Is your quality agreement fit-for-purpose?May 07, 2019
Author: Melanie Ziehm, AbbVie Quality Director
A commitment to quality is essential to deliver safe, effective products that solve serious health issues and have a remarkable impact on people’s lives. This is demonstrated through development and implementation of a robust quality system designed to meet both customer and regulatory requirements. Product realization depends on the quality system to establish and maintain a state of control while facilitating continuous improvement.
A well-designed quality system has a global scope, incorporating guidelines from all relevant markets. This assures data quality and integrity through adherence to quality standards, policies and procedures. It also allows for the identification of benefits and risks which can be made available to those involved in making quality decisions. To expedite change, flexibility within the quality system is essential.

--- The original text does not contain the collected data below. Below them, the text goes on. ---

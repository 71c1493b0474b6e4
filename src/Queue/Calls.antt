-- ===== src/Queue/Calls.antt =====
-- Sequences of calls of a queue.
use xelis_blockchain.Prelude.{
  ◌≡◌, refl, sym, ap, ◌∙◌, subst, inl, inr, Bool, true, false, Option, none, some, List, [], ◌∷◌,
  ◌++◌, append_assoc, append-nil, Bool-cases, length, take,
}
use xelis_blockchain.Prelude.Equality.{Eq}
use xelis_blockchain.Queue.{
  Arc, Queue, remove_key, push, pop, remove, get, extract_if, has, pop_order, split_at_key,
  remove_found, extract_loop, get_at, find_address,
}
use xelis_blockchain.Queue.Valid.{IsValid, push-IsValid, remove_at-IsValid}
use xelis_blockchain.Queue.Ordered.{add, take_first, delete, partition}
use xelis_blockchain.Queue.Refines.{entries, entries-append, has-member}

take_all : {A : Type 0} (xs : List A) → take (length xs) xs ≡ xs
take_all [] = refl
take_all (x ∷ xs) = ap (λ t. x ∷ t) (take_all xs)

module _ {K V : Type 0} ⦃e : Eq K⦄ where
  -- What a call does to the entries, its result, and that the queue stays valid.
  pub record IsImage {ℓ} {A : Type ℓ} (q' : Queue K V × A) (spec : List (K × V) × A) : Type ℓ where
    pub same_entries : entries q'.0.order ≡ spec.0
    pub same_result : q'.1 ≡ spec.1
    pub stays_valid : IsValid q'.0

  pub push-add :
      (key : K) (value : V) (q : Queue K V)
      → IsValid q
      → IsImage (push key value q) (add key value (entries q.order))
  unfolding push add entries
  push-add key value q v = elim (Bool-cases (has key q)) [
    | inl p ↦
        rw (sym (has-member key q v), p)
          (record { same_entries = refl; same_result = refl; stays_valid = v })
    | inr p ↦ record {
      same_entries = rw (sym (has-member key q v), p) (entries-append q.order _);
      same_result = rw (sym (has-member key q v), p) refl;
      stays_valid = push-IsValid key value q v;
    }
  ]

  pop_order-take_first :
      (o : List (Arc K × V)) (q : Queue K V)
      → q.order ≡ o
      → IsValid q
      → IsImage (pop_order o q) (take_first (entries o))
  unfolding pop_order take_first entries
  pop_order-take_first [] q p v = record {
    same_entries = ap entries p;
    same_result = refl;
    stays_valid = v;
  }
  pop_order-take_first ((a, value) ∷ rest) q p v = record {
    same_entries = refl;
    same_result = refl;
    stays_valid = remove_at-IsValid [] a value rest q p v;
  }

  -- Where a key stands, and what its deletion leaves.
  IsCut : K → List (Arc K × V) → Option (List (Arc K × V) × (Arc K × V) × List (Arc K × V)) → Type 0
  IsCut key o none = delete key (entries o) ≡ (entries o, none)
  IsCut key o (some (before, (a, value), behind)) =
      (o ≡ before ++ (a, value) ∷ behind)
      × (delete key (entries o) ≡ (entries (before ++ behind), some (a.value, value)))

  delete_hit :
      (key : K) (k : K) (value : V) (xs : List (K × V))
      → e.beq k key ≡ true
      → delete key ((k, value) ∷ xs) ≡ (xs, some (k, value))
  unfolding delete
  delete_hit key k value xs p = rw p refl

  delete_skip :
      (key : K) (k : K) (value : V) (xs : List (K × V))
      → e.beq k key ≡ false
      → delete key ((k, value) ∷ xs) ≡ ((k, value) ∷ (delete key xs).0, (delete key xs).1)
  unfolding delete
  delete_skip key k value xs p = rw p refl

  push_split :
      Arc K
      → V
      → Option (List (Arc K × V) × (Arc K × V) × List (Arc K × V))
      → Option (List (Arc K × V) × (Arc K × V) × List (Arc K × V))
  push_split a value none = none
  push_split a value (some (before, x, behind)) = some ((a, value) ∷ before, x, behind)

  split_hit :
      (key : K) (a : Arc K) (value : V) (rest : List (Arc K × V))
      → e.beq a.value key ≡ true
      → split_at_key key ((a, value) ∷ rest) ≡ some ([], (a, value), rest)
  unfolding split_at_key
  split_hit key a value rest p = rw p refl

  split_skip :
      (key : K) (a : Arc K) (value : V) (rest : List (Arc K × V))
      → e.beq a.value key ≡ false
      → split_at_key key ((a, value) ∷ rest) ≡ push_split a value (split_at_key key rest)
  unfolding split_at_key push_split
  split_skip key a value rest p =
      rw p (elim (split_at_key key rest) [ none ↦ refl | some (b, x, c) ↦ refl ])

  IsCut-push :
      (key : K) (a : Arc K) (value : V) (rest : List (Arc K × V))
      → e.beq a.value key ≡ false
      → (s : Option (List (Arc K × V) × (Arc K × V) × List (Arc K × V))) → IsCut key rest s
      → IsCut key ((a, value) ∷ rest) (push_split a value s)
  unfolding IsCut push_split entries
  IsCut-push key a value rest p none h =
      delete_skip key a.value value (entries rest) p ∙ ap (λ d. ((a.value, value) ∷ d.0, d.1)) h
  IsCut-push key a value rest p (some (before, (b, w), behind)) (h, k) = (
    ap (λ t. (a, value) ∷ t) h,
    delete_skip key a.value value (entries rest) p ∙ ap (λ d. ((a.value, value) ∷ d.0, d.1)) k,
  )

  split_first :
      (key : K) (a : Arc K) (value : V) (rest : List (Arc K × V))
      → e.beq a.value key ≡ true
      → IsCut key ((a, value) ∷ rest) (some ([], (a, value), rest))
  unfolding IsCut entries
  split_first key a value rest p = (refl, delete_hit key a.value value (entries rest) p)

  split-IsCut : (key : K) (o : List (Arc K × V)) → IsCut key o (split_at_key key o)
  unfolding IsCut split_at_key delete entries
  split-IsCut key [] = refl
  split-IsCut key ((a, value) ∷ rest) = elim (Bool-cases (e.beq a.value key)) [
    | inl p ↦
        subst (IsCut key ((a, value) ∷ rest)) (sym (split_hit key a value rest p))
          (split_first key a value rest p)
    | inr p ↦
        subst (IsCut key ((a, value) ∷ rest)) (sym (split_skip key a value rest p))
          (IsCut-push key a value rest p (split_at_key key rest) (split-IsCut key rest))
  ]

  remove_found-delete :
      (key : K) (q : Queue K V)
      → IsValid q
      → (s : Option (List (Arc K × V) × (Arc K × V) × List (Arc K × V))) → IsCut key q.order s
      → IsImage (remove_found s q) (delete key (entries q.order))
  unfolding remove_found IsCut
  remove_found-delete key q v none h =
      rw h (record { same_entries = refl; same_result = refl; stays_valid = v })
  remove_found-delete key q v (some (before, (a, value), behind)) (h, k) = rw k (record {
    same_entries = refl;
    same_result = refl;
    stays_valid = remove_at-IsValid before a value behind q h v;
  })

  pub pop-take_first : (q : Queue K V) → IsValid q → IsImage (pop q) (take_first (entries q.order))
  unfolding pop
  pop-take_first q v = pop_order-take_first q.order q refl v

  pub remove-delete :
      (key : K) (q : Queue K V) → IsValid q → IsImage (remove key q) (delete key (entries q.order))
  unfolding remove
  remove-delete key q v = remove_found-delete key q v _ (split-IsCut key q.order)

  partition_hit :
      (f : K → V → Bool) (k : K) (value : V) (xs : List (K × V))
      → f k value ≡ true
      → partition f ((k, value) ∷ xs) ≡ ((partition f xs).0, (k, value) ∷ (partition f xs).1)
  unfolding partition
  partition_hit f k value xs p = rw p refl

  partition_skip :
      (f : K → V → Bool) (k : K) (value : V) (xs : List (K × V))
      → f k value ≡ false
      → partition f ((k, value) ∷ xs) ≡ ((k, value) ∷ (partition f xs).0, (partition f xs).1)
  unfolding partition
  partition_skip f k value xs p = rw p refl

  extract_loop-partition :
      (f : K → V → Bool) (o : List (Arc K × V)) (q : Queue K V)
      → IsValid (record q { order = q.order ++ o })
      → IsImage
          (extract_loop f o q)
          (entries q.order ++ (partition f (entries o)).0, (partition f (entries o)).1)
  unfolding extract_loop entries partition
  extract_loop-partition f [] q v = record {
    same_entries = sym (append-nil (entries q.order));
    same_result = refl;
    stays_valid = subst (λ o. IsValid (record q { order = o })) (append-nil q.order) v;
  }
  extract_loop-partition f ((a, value) ∷ rest) q v = elim (Bool-cases (f a.value value)) [
    | inl p ↦
        let next =
          extract_loop-partition f rest (record q { keys = remove_key a.value q.keys })
            (remove_at-IsValid q.order a value rest
              (record q { order = q.order ++ (a, value) ∷ rest }) refl v) in
        record {
          same_entries = rw (p, extract_loop) next.same_entries;
          same_result = rw p (ap (λ t. (a.value, value) ∷ t) next.same_result);
          stays_valid = rw p next.stays_valid;
        }
    | inr p ↦
        let next =
          extract_loop-partition f rest (record q { order = q.order ++ (a, value) ∷ [] })
            (subst (λ o. IsValid (record q { order = o }))
              (sym (append_assoc q.order ((a, value) ∷ []) rest)) v) in
        record {
          same_entries = rw p (
              next.same_entries
              ∙ rw (entries-append q.order ((a, value) ∷ [])) (append_assoc (entries q.order) _ _));
          same_result = rw p next.same_result;
          stays_valid = rw p next.stays_valid;
        }
  ]

  pub extract_if-partition :
      (f : K → V → Bool) (q : Queue K V)
      → IsValid q
      → IsImage (extract_if f (length q.order) q) (partition f (entries q.order))
  unfolding extract_if entries
  extract_if-partition f q v =
      rw (take_all q.order) (extract_loop-partition f q.order (record q { order = [] }) v)

  nothing_at : (found : Option (Arc K)) (q : Queue K V) → q.order ≡ [] → get_at found q ≡ none
  unfolding get_at find_address
  nothing_at none q p = refl
  nothing_at (some a) q p = rw p refl

  -- If the iterator of `extract_if` is dropped before its first entry, the entries are lost while the keys stay: a key that was in the queue is still in it, has no value, and cannot be pushed.
  pub extract_if-dropped :
      (f : K → V → Bool) (key : K) (value : V) (q : Queue K V)
      → has key q ≡ true
      → let q' = (extract_if f 0 q).0 in
        (has key q' ≡ true) × (get key q' ≡ none) × ((push key value q').1 ≡ false)
  unfolding extract_if extract_loop has get push
  extract_if-dropped f key value q h = (h, nothing_at _ (record q { order = [] }) refl, rw h refl)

A global quality system assures cross-site compliance
To deliver on customer objectives, contract development and manufacturing organizations (CDMOs) typically operate across multiple geographical locations, each of which can be audited by a variety of different agencies. Centers of excellence ensure the quality system remains the same globally. Improvements to the quality system are implemented worldwide with input from the center of excellence members globally to maintain cross-site consistency. A specific site may be renowned as a center of excellence for a particular manufacturing capability or may perform a dedicated function of the quality system. This highlights the importance of embedding site-specific quality requirements within the global quality system.